**Your objective:** Reproduce each record exactly, leaving nothing out.

**Excerpted records:**
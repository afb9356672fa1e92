-- ===== src/Ledger/Results.antt =====
-- packages/core/src/belief_ledger_core/errors.py and the exceptions that the ledger store raises: a
-- result or the error, and the order in which statements run until one of them raises.
use belief_ledger_pramana.Prelude.{◌≡◌, refl, Bool, true, false, List, [], ◌∷◌, ◌++◌, arith}

-- `foreign_record` and `no_episode` are `ValueError`s of the projections, `constraint` is an
-- `sqlite3.IntegrityError`, `chain_error` a `HashChainError`, `key_reused` and `replay_mismatch`
-- are `StoreError`s, and the last ones are `LlmReservationError`s.
pub data Error : Type 0 where
  foreign_record no_episode constraint chain_error key_reused replay_mismatch : Error
  wrong_confirmation invalid_result : Error
  negative_budget turn_calls_exhausted episode_calls_exhausted : Error
  input_tokens_exhausted output_tokens_exhausted : Error

pub data Result {ℓ} (A : Type ℓ) : Type ℓ where
  ok : A → Result A
  raise : Error → Result A

abbrev pub when_ok {ℓ κ} : {A : Type ℓ} {B : Type κ} → Result A → (Error → B) → (A → B) → B
when_ok (ok a) g f = f a
when_ok (raise e) g f = g e

infixl 5 ◌>>=◌ ◌>>◌
unfoldable pub ◌>>=◌ : {A B : Type 0} → Result A → (A → Result B) → Result B
◌>>=◌ r f = when_ok r raise f

abbrev pub ◌>>◌ : {A B : Type 0} → Result A → Result B → Result B
r >> s = r >>= λ _. s

-- `if not test: raise error`
abbrev pub require : Bool → Error → Result (Unit {0})
require true e = ok tt
require false e = raise e

-- A loop that each turn changes a state or raises.
unfoldable pub each : {A S : Type 0} → (A → S → Result S) → List A → S → Result S
unfolding ◌>>=◌
each f [] s = ok s
each f (x ∷ xs) s = f x s >>= each f xs

module _ {A B : Type 0} where
  -- What a success says of the two parts of a sequence.
  pub bind-ok :
      (r : Result A) (f : A → Result B) (b : B)
      → (r >>= f) ≡ ok b
      → (a : A) × (r ≡ ok a) × (f a ≡ ok b)
  unfolding ◌>>=◌
  bind-ok (ok a) f b e = (a, refl, e)
  bind-ok (raise x) f b e = ground (arith, e)

  pub ok-bind : (r : Result A) (a : A) (f : A → Result B) → r ≡ ok a → (r >>= f) ≡ f a
  unfolding ◌>>=◌
  ok-bind r a f e = rw e refl

pub require-ok : (b : Bool) (e : Error) (u : Unit {0}) → require b e ≡ ok u → b ≡ true
require-ok true e u h = refl
require-ok false e u h = ground (arith, h)

module _ {A S : Type 0} (f : A → S → Result S) where
  pub each-append : (xs ys : List A) (s : S) → each f (xs ++ ys) s ≡ (each f xs s >>= each f ys)
  unfolding each ◌>>=◌
  each-append [] ys s = refl
  each-append (x ∷ xs) ys s = go (f x s) (each-append xs ys)
    where
      go :
          (r : Result S)
          → ((s : S) → each f (xs ++ ys) s ≡ (each f xs s >>= each f ys))
          → (r >>= each f (xs ++ ys)) ≡ ((r >>= each f xs) >>= each f ys)
      go (ok s') rest = rest s'
      go (raise e) rest = refl

  -- An invariant of every turn is one of the loop.
  pub each_keeps :
      (P : S → Type 0)
      → ((x : A) (s s' : S) → P s → f x s ≡ ok s' → P s')
      → (xs : List A) (s s' : S) → P s
      → each f xs s ≡ ok s'
      → P s'
  unfolding each
  each_keeps P keeps [] s s' p e = ground (arith, e)
  each_keeps P keeps (x ∷ xs) s s' p e =
      let (s1, e1, e2) = bind-ok (f x s) (each f xs) s' e in
      each_keeps P keeps xs s1 s' (keeps x s s1 p e1) e2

**Solution for this task:**
repository afb9356672fa1e92
-- ===== src/Ledger/Results.antt =====
-- packages/core/src/belief_ledger_core/errors.py and the exceptions that the ledger store raises: a
-- result or the error, and the order in which statements run until one of them raises.
use belief_ledger_pramana.Prelude.{◌≡◌, refl, Bool, true, false, List, [], ◌∷◌, ◌++◌, arith}

-- `foreign_record` and `no_episode` are `ValueError`s of the projections, `constraint` is an
-- `sqlite3.IntegrityError`, `chain_error` a `HashChainError`, `key_reused` and `replay_mismatch`
-- are `StoreError`s, and the last ones are `LlmReservationError`s.
pub data Error : Type 0 where
  foreign_record no_episode constraint chain_error key_reused replay_mismatch : Error
  wrong_confirmation invalid_result : Error
  negative_budget turn_calls_exhausted episode_calls_exhausted : Error
  input_tokens_exhausted output_tokens_exhausted : Error

pub data Result {ℓ} (A : Type ℓ) : Type ℓ where
  ok : A → Result A
  raise : Error → Result A

abbrev pub when_ok {ℓ κ} : {A : Type ℓ} {B : Type κ} → Result A → (Error → B) → (A → B) → B
when_ok (ok a) g f = f a
when_ok (raise e) g f = g e

infixl 5 ◌>>=◌ ◌>>◌
unfoldable pub ◌>>=◌ : {A B : Type 0} → Result A → (A → Result B) → Result B
◌>>=◌ r f = when_ok r raise f

abbrev pub ◌>>◌ : {A B : Type 0} → Result A → Result B → Result B
r >> s = r >>= λ _. s

-- `if not test: raise error`
abbrev pub require : Bool → Error → Result (Unit {0})
require true e = ok tt
require false e = raise e

-- A loop that each turn changes a state or raises.
unfoldable pub each : {A S : Type 0} → (A → S → Result S) → List A → S → Result S
unfolding ◌>>=◌
each f [] s = ok s
each f (x ∷ xs) s = f x s >>= each f xs

module _ {A B : Type 0} where
  -- What a success says of the two parts of a sequence.
  pub bind-ok :
      (r : Result A) (f : A → Result B) (b : B)
      → (r >>= f) ≡ ok b
      → (a : A) × (r ≡ ok a) × (f a ≡ ok b)
  unfolding ◌>>=◌
  bind-ok (ok a) f b e = (a, refl, e)
  bind-ok (raise x) f b e = ground (arith, e)

  pub ok-bind : (r : Result A) (a : A) (f : A → Result B) → r ≡ ok a → (r >>= f) ≡ f a
  unfolding ◌>>=◌
  ok-bind r a f e = rw e refl

pub require-ok : (b : Bool) (e : Error) (u : Unit {0}) → require b e ≡ ok u → b ≡ true
require-ok true e u h = refl
require-ok false e u h = ground (arith, h)

module _ {A S : Type 0} (f : A → S → Result S) where
  pub each-append : (xs ys : List A) (s : S) → each f (xs ++ ys) s ≡ (each f xs s >>= each f ys)
  unfolding each ◌>>=◌
  each-append [] ys s = refl
  each-append (x ∷ xs) ys s = go (f x s) (each-append xs ys)
    where
      go :
          (r : Result S)
          → ((s : S) → each f (xs ++ ys) s ≡ (each f xs s >>= each f ys))
          → (r >>= each f (xs ++ ys)) ≡ ((r >>= each f xs) >>= each f ys)
      go (ok s') rest = rest s'
      go (raise e) rest = refl

  -- An invariant of every turn is one of the loop.
  pub each_keeps :
      (P : S → Type 0)
      → ((x : A) (s s' : S) → P s → f x s ≡ ok s' → P s')
      → (xs : List A) (s s' : S) → P s
      → each f xs s ≡ ok s'
      → P s'
  unfolding each
  each_keeps P keeps [] s s' p e = ground (arith, e)
  each_keeps P keeps (x ∷ xs) s s' p e =
      let (s1, e1, e2) = bind-ok (f x s) (each f xs) s' e in
      each_keeps P keeps xs s1 s' (keeps x s s1 p e1) e2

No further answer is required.